3. Gaussian Centroid Construction + Feasible Margin Ceiling: Bilateral bounds for robust RMED

Exact geometric expressivity differs from practical engineering difficulty. The authors define robust RMED with unit sphere normalization and a requirement that selected objects score at least \(\epsilon\) higher than unselected ones. A variance identity provides the feasible ceiling: if all \(k\)-subset queries reach margin \(\epsilon\), then \(\|\bar{\bm{v}}_S-\bar{\bm{v}}\|_2\ge\frac{m-k}{m}\epsilon\) holds for all \(S\). Taking the expectation over random subsets and using the unit norm property \(\frac1m\sum\|\bm{v}_i-\bar{\bm{v}}\|^2\le1\) yields:

\[\epsilon\le\epsilon_\star(m,k)=\frac{m}{\sqrt{k(m-1)(m-k)}}\sim\frac{1}{\sqrt{k}}\ (\text{large }m).\]

For the upper bound, \(m\) isotropic Gaussian vectors are sampled and normalized, and for each \(S\), the query is the normalized centroid \(\bm{u}_S\propto\sum_{i\in S}\bm{v}_i\). In \(n=Ck^2\log m\) dimensions, all pairwise inner products are \(O(1/k)\), where the selected object autocorrelation is \(\Theta(1)\) and external objects contribute only \(O(|S|/k)\) noise, ensuring a consistent margin of \(\Omega(1/\sqrt{k})\) after normalization. This locates the core thesis: exact MED is independent of \(m\), but once a positive margin is introduced, \(m\) returns to the dimension formula via \(\log m\).

Loss & Training¶

The theoretical paper does not have a learning objective per se. Section 5's synthetic experiments use hinge loss on all positive/negative pairs with Adam optimization to find centroid GD witnesses, using the deterministic cyclic polytope as a control. The baseline on LIMIT/LIMIT-small is a label-unaware "random additive" approach—each token is assigned a fixed unit Gaussian vector, and documents/queries are sums of token vectors \(\phi(x)=\sum_{t\in\tau(x)}G_t\), without supervised training.

Key Experimental Results¶

Main Results¶

Synthetic top-2 witness: Minimal dimensions for a "successful witness" at universe size \(m\) are plotted, comparing cyclic polytope construction, centroid GD optimization, and WBNL's fitted curve.

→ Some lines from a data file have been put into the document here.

-- ===== src/Httpware/Tests.antt =====
-- The theorems of this package at small requests.
use Prim.Native.String.{◌++◌ as concat}
use stdgo.Base.{String, true, ◌||◌, List, [], ◌∷◌, ◌≡◌, refl, str_eq, contains, arith}
use stdgo.Go.Errors.{ok}
use stdgo.Httpware.{
  Request, Http, Handler, returned, panicked, panic_value, root_domain_of_host, allow_origin,
  is_quiet, apply,
}
use stdgo.Httpware.Origins.{below, allow_origin_lem}
use stdgo.Httpware.Serving.{Answers, prepared, inner_request, apply-Answers, is_quiet_anywhere}

root_domain_of_host_run : root_domain_of_host "a.b.example.com" ≡ "example.com"
unfolding root_domain_of_host
root_domain_of_host_run = refl

-- Two tenants of a public suffix are first parties of each other.
allow_origin_lem_example : allow_origin ok [] (below "shop" "co" "uk") "evil.co.uk" ≡ (
    contains [] "evil.co.uk"
    || str_eq (concat "co" (concat "." "uk")) (concat "co" (concat "." "uk")))
allow_origin_lem_example =
    allow_origin_lem ok [] "evil.co.uk" "shop" "evil" "co" "uk" "co" "uk" (omega arith)
      (omega arith) (omega arith) (omega arith) refl

-- The response is a log.
abbrev http : Http (List String)
http = record {
  get_header = λ _ _. "";
  set_header = λ w name v. name ∷ v ∷ w;
  write_header = λ w status. "500" ∷ w;
  is_private_addr_port = λ _. ok true;
  real_ip = λ r. r;
  with_request_id = λ r. record r { request_id = "id1" };
}

abbrev request : Request
request = record {
  user_agent = "ELB-HealthChecker/2.0";
  remote_addr = "203.0.113.9:443";
  connection = "";
  request_id = "";
}

abbrev broken : Handler (List String)
broken r w = ("partial" ∷ w, panicked (panic_value "boom"))

apply-Answers_example :
    let inner =
      broken (inner_request http request) (prepared http (inner_request http request) []) in
    Answers http request inner.0
      (apply http broken request []).0
      inner.1
      (apply http broken request []).1
apply-Answers_example = apply-Answers http broken request []

apply_run : (apply http broken request []).1 ≡ returned
unfolding apply
apply_run = refl

is_quiet_anywhere_example :
    is_quiet http (record request { remote_addr = "198.51.100.7:80" }) ≡ true
is_quiet_anywhere_example = is_quiet_anywhere http request "198.51.100.7:80" refl refl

Setting (top-2, universe \(m\))	Cyclic Polytope	Centroid GD	WBNL Fitted Curve
Any \(m\)	Dimension \(=4\) (Indep. of \(m\))	\(d\sim\log_2 m\) slow growth	Polynomial growth with \(m\)

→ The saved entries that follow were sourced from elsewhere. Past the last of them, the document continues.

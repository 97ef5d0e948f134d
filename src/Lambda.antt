-- ===== src/Lambda.antt =====
-- stdlambda/invoker.go and handler_func.go: a function of AWS Lambda and the client that invokes it.
-- JSON, AWS's client and the error that a payload may carry are parameters; payloads are texts.
pub mod Roundtrip
mod Tests
use stdgo.Base.{
  ℕ, ◌==◌, String, Bool, true, false, Option, none, some, if◌then◌else◌, str_eq, ◌≡◌, refl,
}
use stdgo.Go.Context.{Context}
use stdgo.Go.Errors.{GoError, message, wrap, Result, ok, err}
use stdgo.Go.Results.{wrapping, ◌>>=◌}

-- `error_message` is the text at "errorMessage", blank where there is none; `response_error` decodes
-- such a payload.
pub record Client : Type 0 where
  pub invoke : Context → (function_name payload : String) → Result (ℕ × String)
  pub error_message : (payload : String) → String
  pub response_error : (payload : String) → Result GoError

-- The encoding of a type.
pub record Json (A : Type 0) : Type 0 where
  pub marshal : A → Result String
  pub unmarshal : String → Result A

module _ {I O : Type 0} (input : Json I) (output : Json O) where
  -- `JSONHandlerFunc.Invoke`
  unfoldable pub handle : (Context → I → Result O) → Context → (payload : String) → Result String
  handle f ctx payload = do
    inp ← wrapping "failed to unmarshal payload" (input.unmarshal payload)
    out ← f ctx inp
    wrapping "failed to marshal output" (output.marshal out)

  abbrev pub failed_response : Result GoError → Result O
  failed_response (err e) = err (wrap "failed to marshal invoke response error" e)
  failed_response (ok e) = err (wrap "" e)

  abbrev pub of_response : Client → ℕ × String → Result O
  of_response client (status, payload) =
      if status == 200
      then if str_eq (client.error_message payload) ""
        then wrapping "failed to unmarshal output" (output.unmarshal payload)
        else failed_response (client.response_error payload)
      else err (message "unexpected status code")

  -- `invoke`, as the two kinds of invoker call it.
  unfoldable pub invoke : Client → (function_name : String) → Context → I → Result O
  invoke client function_name ctx inp = do
    payload ← wrapping "failed to marshal input" (input.marshal inp)
    result ← wrapping "failed to invoke" (client.invoke ctx function_name payload)
    of_response client result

LIMIT / LIMIT-small Recall@2 (Single-vector retrieval vs. WBNL's strongest baseline Promptriever Llama3-8B @ 4096 dims):

Dataset	Tokenizer	\(d\)	Recall@2	Promptriever 8B @ 4096
LIMIT	handmade	256	Exceeds baseline	0.030
LIMIT	vanilla (space/punct)	512	Exceeds baseline	0.030
LIMIT	qwen	512	Exceeds baseline	0.030
LIMIT @ 4096	handmade/vanilla/qwen	4096	0.9980 / 0.7060 / 0.2675	0.030
LIMIT-small @ 4096	handmade/vanilla/qwen	4096	1.0000 / 0.9545 / 0.8010	0.543
LIMIT-small	Cyclic Polytope (overfit)	4	Complete overfit	—

Ablation Study¶

"Ablations" between theorems consist of comparisons across three regimes:

Regime	Dimension Upper Bound	Depends on \(m\)	Key Tool
Exact MED (No margin)	\(\min\{2k,m-1\}\), constant \(\Theta(k)\)	No	Cyclic Polytope + Squared Polynomial
Robust RMED, margin \(\epsilon=c/\sqrt{k}\)	\(O(k^2\log m)\)	Yes (via \(\log m\))	Gaussian centroid witness
Robust RMED, margin \(\epsilon>\epsilon_\star(m,k)\)	\(\infty\)	Yes (locked by \(m,k\))	Variance identity ceiling

Key Findings¶

Cyclic polytopes can exactly overfit any size LIMIT-small top-2 dataset at \(d=4\), refuting the geometric narrative that "high dimensions are insufficient."
Using a vanilla tokenizer with random additive vectors and no learning, 512 dimensions outperform Promptriever 8B (4096 dims) on Recall@2, indicating that failure on LIMIT is due to tokenizer/objective/optimization, not geometric capacity.
In robust cases, higher margins become impossible: \(\epsilon_\star(m,k)\sim 1/\sqrt{k}\) is a hard limit. Exceeding this margin cannot be fixed by increasing dimensions, providing guidance for margin loss design in retrieval systems.

Highlights & Insights¶

Decouples "geometric expressivity" from "searchability by learning algorithms," clarifying pessimistic conclusions in the dense retrieval community.
Elegant construction: Turning subset selection into "finding roots of a polynomial" is a universal trick transferable to multi-label retrieval or ranking with set constraints.
Gaussian centroid \(O(k^2\log m)\) provides a natural geometric explanation for mean-pooled representations like contrastive learning/DPR—centroid queries are not hacks but feasible witnesses with quantitative guarantees.
The robust margin ceiling \(\epsilon_\star(m,k)\) suggests that setting a margin exceeding \(1/\sqrt{k}\) is likely infeasible for large corpora, regardless of dimension.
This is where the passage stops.